Without total order that’s pretty hard to do. You get into the realms of the usual consensus approach quickly.
(good chat, so keep going)
In total order network folk are allowed to try and doublespend as much as they want and the network blocks it.
So
- Safe for innocent mistakes
- Safe for attempted black hat hackers to keep trying and not suffer any loss in doing so
That’s basically the trade off. Order everything and block doublespend (attempts) where the attempt is not just an attempt any more it’s a full doublespend (world has been ordered to say so) .
Or
Separate attempts from doublespend (force the parent to be checked when the child is trying to spend) and look for folk trying this.
/-> Begin distraction
It’s very much like bitcoin cannot refund and folk said, of irreversible transactions are hell, folk will lose everything, but I don’t see that happening too much. We need to take into account many things. Basically for a buyer (B) and seller (S) then the process goes kinda
IRL →
→ S can I buy X from you B
Then it’s either pay up front or on delivery
S → delivers goods
B → Pays
Now if S does not receive the cash it’s easy to say, hey B you need to prove you paid me and I need to be able to access the funds
or
If B does not receive the goods, it’s mostly the same, you need to prove I have the goods etc.
So anyway in real life the transaction between 2 parties really depends on goods/service ↔ payment and most of that is “out of band” of any crypto currency (you can use smart contracts etc. but it ends up the same thing, payment and delivery need to be provable and it’s out of band or via an oracle (out of band))
/ OK distraction over
So it’s down to innocent users and mistakes, but this is also in the realms of loosing your password/key in a decentralised network (there are options via BLS that will work well). So there is a price for freedom, I suppose.
OK that was more distraction Sorry
Back to SAFE
The approach here is do not require total order so we have a much faster parallelisable network. To do that we split a couple of things and that makes us different form the rest:
Transaction → Parent transaction PLUS Child transaction (a pair)
Finality in blockhains we all understand, but here → When the Child is spent
So we split up the transaction to require the Parent and require the parent is unique. The biggest and worst hack is a doublespend (try and spend the same thing more than once).

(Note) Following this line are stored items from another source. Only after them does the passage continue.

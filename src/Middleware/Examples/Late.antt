-- ===== src/Middleware/Examples/Late.antt =====
-- Two requests of one key, of which the second comes when the first has been reported.
use cascade_proxy.Common.{
  ◌+◌, ◌<◌, ◌≡◌, refl, true, none, some, [], ◌∷◌, arith, All, ascii, text_eq, lookup, insert,
}
use cascade_proxy.Middleware.BreachLog
use cascade_proxy.Middleware.BreachLog.{
  Ratio, BreachWindow, BreachLog, empty, judge, stamp, record_code, write_code, read_window,
  count_errors,
}
use cascade_proxy.Middleware.BreachLog.Reports.{times_of}
use cascade_proxy.Middleware.BreachLog.Concurrent.{
  System, init, Run, none_yet, then_, wait, judged, stamped, judged_late,
}

-- A window of one code.
abbrev watching : BreachLog.Config
watching = record { window_size = 1; errors = 1; out_of = 2 }

abbrev all_failed : Ratio
all_failed = record { errors = 1; length = 1 }

abbrev judged_once : BreachLog
judged_once = record {
  windows =
      insert (ascii "/a") (record { codes = 500 ∷ []; pos = 0; full = true; logged = none }) [];
  reports = [];
}

abbrev reported : System
reported = record {
  log = stamp watching 5 (ascii "/a") all_failed judged_once;
  pending = [];
  now = 5_000_000_006;
}

first_breach : judge watching 5 (ascii "/a") 500 empty ≡ some (all_failed, true, judged_once)
unfolding judge record_code write_code read_window count_errors lookup insert ascii
first_breach = refl

reporting : Run watching (init 5) reported
reporting =
    then_
      (then_ (then_ none_yet (judged (ascii "/a") 500 all_failed true judged_once first_breach))
        (stamped [] [] (ascii "/a") all_failed refl))
      (wait 5_000_000_006 (omega arith))

abbrev judged_twice : BreachLog
judged_twice = record {
  windows =
      insert (ascii "/a") (record { codes = 503 ∷ []; pos = 0; full = true; logged = some 5 })
        reported.log.windows;
  reports = reported.log.reports;
}

second_breach :
    judge watching 5_000_000_006 (ascii "/a") 503 reported.log
    ≡ some (all_failed, true, judged_twice)
unfolding judge stamp record_code write_code read_window count_errors lookup insert text_eq ascii
second_breach = refl

judged_late_example :
    All (λ t. t + 5_000_000_000 < 5_000_000_006) (times_of (ascii "/a") reported.log.reports)
judged_late_example =
    judged_late watching 5 (ascii "/a") 503 all_failed judged_twice reporting second_breach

That is prevented by basically stopping the world (waiting on block height or supermajority of nodes to agree on a ledger) or for Safe we say
- Write the parent tot the network and we check it’s parent is OK
Now the doublespend attacker will try and write 1 Parent with output X to some nodes and the same Parent with output Y to others. He hopes that he can cash out X and Y before anyone notices.

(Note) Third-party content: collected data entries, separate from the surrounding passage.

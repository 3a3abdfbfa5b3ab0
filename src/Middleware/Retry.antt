-- ===== src/Middleware/Retry.antt =====
-- internal/middleware/retry.go. The recorder is an interface. A panic is `none`: with no attempt at
-- all the recorder that is flushed is nil. The log line is left out.
pub mod Attempts
use cascade_proxy.Common.{
  ℕ, zero, suc, Bool, true, false, not, Option, none, some, List, [], ◌∷◌, ◌++◌, any, ◌==◌,
  if◌then◌else◌,
}
use cascade_proxy.Http.{Header, Handler, Request, WriteOp, Clock, header_after}
use cascade_proxy.Middleware.Recording.{Recording}

pub record Config : Type 0 where
  pub max_attempts : ℕ
  pub delay : ℕ
  pub retryable_status : List ℕ

abbrev pub default_config : Config
default_config = record {
  max_attempts = 3;
  delay = 100_000_000;
  retryable_status = 502 ∷ 503 ∷ 504 ∷ [];
}

-- retryable[status]
abbrev pub is_retryable : Config → ℕ → Bool
is_retryable cfg status = any (λ s. s == status) cfg.retryable_status

module _ {W : Type 0} (clock : Clock W) (rec : Recording) (cfg : Config) (next : Handler W) where
  -- `n` attempts are left behind this one.
  unfoldable pub attempt : ℕ → Handler W
  attempt zero r h w = let (ops, w') = next r h w in (rec.passed ops ++ rec.flush ops, w')
  attempt (suc n) r h w =
      let (ops, w') = next r h w in
      let (rest, w_end) =
        attempt n r (header_after h (rec.passed ops)) (clock.sleep cfg.delay w') in
      if not (is_retryable cfg (rec.status ops))
      then (rec.passed ops ++ rec.flush ops, w')
      else (rec.passed ops ++ rest, w_end)

  unfoldable pub attempts : ℕ → Request → Header → W → Option (List WriteOp × W)
  unfolding attempt
  attempts zero r h w = none
  attempts (suc n) r h w = some (attempt n r h w)

  -- The handler that NewRetryMiddleware makes.
  unfoldable pub handle : Request → Header → W → Option (List WriteOp × W)
  unfolding attempts
  handle r h w = attempts cfg.max_attempts r h w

So this is where our multiple sources of the Parent come in. ANY node seeing X and Y as outputs of PARENT can broadcast that to the world. IF X or Y are not owned by the attacker (he is trying to pay you and also me or something) then either of us in our transaction ask the network for PARENT (but there are 2 PARENTS) and if we see the wrong one, we also broadcast (and as above contact B and tell them they have not yet paid).
So the basis is global visibility of doublespend attempts and quickly, but also stopping the spend of ANY outputs of a doublespend PARENT.
This is why X or Y can spend but only whilst the other does not exist anywhere an honest node sees it. As soon as the doublspend attempt happens, any honest node can stop it. Otherwise, we need to order everything and tick blocks one at a time.